BEGIN

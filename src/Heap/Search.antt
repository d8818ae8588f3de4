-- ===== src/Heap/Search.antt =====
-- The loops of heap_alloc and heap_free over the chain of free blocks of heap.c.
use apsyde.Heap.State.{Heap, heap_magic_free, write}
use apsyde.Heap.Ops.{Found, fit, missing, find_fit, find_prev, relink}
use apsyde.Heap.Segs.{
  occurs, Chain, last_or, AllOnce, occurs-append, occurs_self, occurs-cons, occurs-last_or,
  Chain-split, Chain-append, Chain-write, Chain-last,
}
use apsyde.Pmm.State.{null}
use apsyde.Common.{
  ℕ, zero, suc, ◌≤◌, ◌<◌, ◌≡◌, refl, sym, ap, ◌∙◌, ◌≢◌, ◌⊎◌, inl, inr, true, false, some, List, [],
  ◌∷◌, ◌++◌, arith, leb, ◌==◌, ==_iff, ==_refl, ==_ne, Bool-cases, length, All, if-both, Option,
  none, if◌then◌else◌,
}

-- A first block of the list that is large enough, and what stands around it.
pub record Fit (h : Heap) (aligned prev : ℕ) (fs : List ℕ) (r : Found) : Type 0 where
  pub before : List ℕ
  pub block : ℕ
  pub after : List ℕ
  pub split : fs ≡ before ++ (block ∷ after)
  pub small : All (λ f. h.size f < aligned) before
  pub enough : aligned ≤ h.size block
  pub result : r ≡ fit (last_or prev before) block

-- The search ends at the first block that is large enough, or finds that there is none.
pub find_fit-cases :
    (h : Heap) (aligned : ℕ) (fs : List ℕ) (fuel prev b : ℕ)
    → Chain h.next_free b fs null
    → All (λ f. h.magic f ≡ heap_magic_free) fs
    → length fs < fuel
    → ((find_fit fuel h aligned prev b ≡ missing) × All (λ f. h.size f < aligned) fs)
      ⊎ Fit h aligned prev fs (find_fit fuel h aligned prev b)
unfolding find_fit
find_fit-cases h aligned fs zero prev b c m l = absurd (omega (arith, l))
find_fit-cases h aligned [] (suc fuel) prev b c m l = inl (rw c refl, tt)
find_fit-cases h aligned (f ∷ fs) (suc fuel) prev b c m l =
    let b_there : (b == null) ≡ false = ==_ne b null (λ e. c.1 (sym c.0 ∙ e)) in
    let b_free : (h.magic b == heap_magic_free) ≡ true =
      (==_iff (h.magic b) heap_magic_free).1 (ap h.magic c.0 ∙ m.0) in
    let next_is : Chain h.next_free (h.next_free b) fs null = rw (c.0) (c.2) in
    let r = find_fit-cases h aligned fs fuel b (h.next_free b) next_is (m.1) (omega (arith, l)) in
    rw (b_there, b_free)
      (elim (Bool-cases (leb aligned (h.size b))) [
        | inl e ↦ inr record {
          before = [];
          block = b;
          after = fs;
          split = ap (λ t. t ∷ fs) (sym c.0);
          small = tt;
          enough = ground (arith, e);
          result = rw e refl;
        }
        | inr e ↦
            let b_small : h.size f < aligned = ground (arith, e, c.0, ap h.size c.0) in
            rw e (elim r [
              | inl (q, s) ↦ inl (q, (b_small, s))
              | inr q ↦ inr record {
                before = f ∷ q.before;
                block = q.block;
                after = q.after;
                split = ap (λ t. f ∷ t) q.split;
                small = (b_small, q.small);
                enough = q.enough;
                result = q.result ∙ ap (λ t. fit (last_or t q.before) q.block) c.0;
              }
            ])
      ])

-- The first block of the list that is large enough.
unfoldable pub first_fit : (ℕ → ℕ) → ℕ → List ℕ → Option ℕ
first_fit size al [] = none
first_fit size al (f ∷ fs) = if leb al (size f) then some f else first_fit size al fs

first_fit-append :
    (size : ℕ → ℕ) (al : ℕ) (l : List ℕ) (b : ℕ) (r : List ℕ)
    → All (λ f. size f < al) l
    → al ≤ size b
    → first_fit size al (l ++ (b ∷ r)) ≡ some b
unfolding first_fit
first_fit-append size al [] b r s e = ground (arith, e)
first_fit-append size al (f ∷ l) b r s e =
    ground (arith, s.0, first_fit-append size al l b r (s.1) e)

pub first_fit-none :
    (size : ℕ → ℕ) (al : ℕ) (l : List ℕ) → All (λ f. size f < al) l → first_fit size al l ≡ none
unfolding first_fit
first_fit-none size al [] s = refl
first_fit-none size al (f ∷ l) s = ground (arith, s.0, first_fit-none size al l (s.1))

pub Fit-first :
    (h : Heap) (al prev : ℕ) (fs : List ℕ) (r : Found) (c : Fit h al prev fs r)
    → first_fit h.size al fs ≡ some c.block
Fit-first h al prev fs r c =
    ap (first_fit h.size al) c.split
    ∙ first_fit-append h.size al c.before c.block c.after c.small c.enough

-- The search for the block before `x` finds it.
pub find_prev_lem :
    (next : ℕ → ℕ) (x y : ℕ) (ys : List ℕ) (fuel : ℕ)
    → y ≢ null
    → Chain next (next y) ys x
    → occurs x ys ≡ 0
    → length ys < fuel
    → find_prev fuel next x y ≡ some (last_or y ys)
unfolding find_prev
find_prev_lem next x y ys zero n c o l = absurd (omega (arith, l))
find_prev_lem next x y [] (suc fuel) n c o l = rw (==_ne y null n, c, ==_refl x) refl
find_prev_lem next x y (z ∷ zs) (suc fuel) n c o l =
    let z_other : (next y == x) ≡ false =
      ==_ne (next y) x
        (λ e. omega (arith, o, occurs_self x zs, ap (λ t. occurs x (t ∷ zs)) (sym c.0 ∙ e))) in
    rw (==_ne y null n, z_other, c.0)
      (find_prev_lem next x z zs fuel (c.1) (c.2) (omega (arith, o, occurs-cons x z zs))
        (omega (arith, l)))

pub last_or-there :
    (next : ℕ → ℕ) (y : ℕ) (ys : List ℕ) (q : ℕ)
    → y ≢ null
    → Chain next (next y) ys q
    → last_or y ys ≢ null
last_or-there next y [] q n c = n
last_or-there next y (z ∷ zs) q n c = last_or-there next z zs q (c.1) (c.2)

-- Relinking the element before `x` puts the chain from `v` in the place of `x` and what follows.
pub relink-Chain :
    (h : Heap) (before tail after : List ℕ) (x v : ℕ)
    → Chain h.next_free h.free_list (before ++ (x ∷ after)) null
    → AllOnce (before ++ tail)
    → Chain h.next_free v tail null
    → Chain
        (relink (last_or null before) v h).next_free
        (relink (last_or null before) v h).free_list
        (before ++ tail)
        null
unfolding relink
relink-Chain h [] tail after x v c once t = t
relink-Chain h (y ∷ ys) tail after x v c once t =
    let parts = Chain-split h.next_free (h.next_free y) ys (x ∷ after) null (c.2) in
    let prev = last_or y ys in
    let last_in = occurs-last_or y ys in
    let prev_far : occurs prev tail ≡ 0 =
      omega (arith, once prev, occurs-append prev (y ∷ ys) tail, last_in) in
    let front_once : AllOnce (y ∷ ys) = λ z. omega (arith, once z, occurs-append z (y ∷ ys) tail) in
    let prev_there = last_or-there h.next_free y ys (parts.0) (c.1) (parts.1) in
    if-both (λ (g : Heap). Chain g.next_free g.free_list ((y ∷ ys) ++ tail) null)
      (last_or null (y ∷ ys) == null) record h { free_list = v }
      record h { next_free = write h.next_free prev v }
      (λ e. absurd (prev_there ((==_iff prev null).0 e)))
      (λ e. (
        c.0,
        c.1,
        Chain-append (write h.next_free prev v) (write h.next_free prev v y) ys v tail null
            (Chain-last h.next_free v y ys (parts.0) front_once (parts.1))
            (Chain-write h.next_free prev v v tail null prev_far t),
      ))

END

Task requirements
In the entries above, find the line with "find_fit-cases h aligned fs zero" and the line with "find_fit-cases h aligned (f", then restate word for word both of them and every line between, with nothing more.

Task solution
find_fit-cases h aligned fs zero prev b c m l = absurd (omega (arith, l))
find_fit-cases h aligned [] (suc fuel) prev b c m l = inl (rw c refl, tt)
find_fit-cases h aligned (f ∷ fs) (suc fuel) prev b c m l =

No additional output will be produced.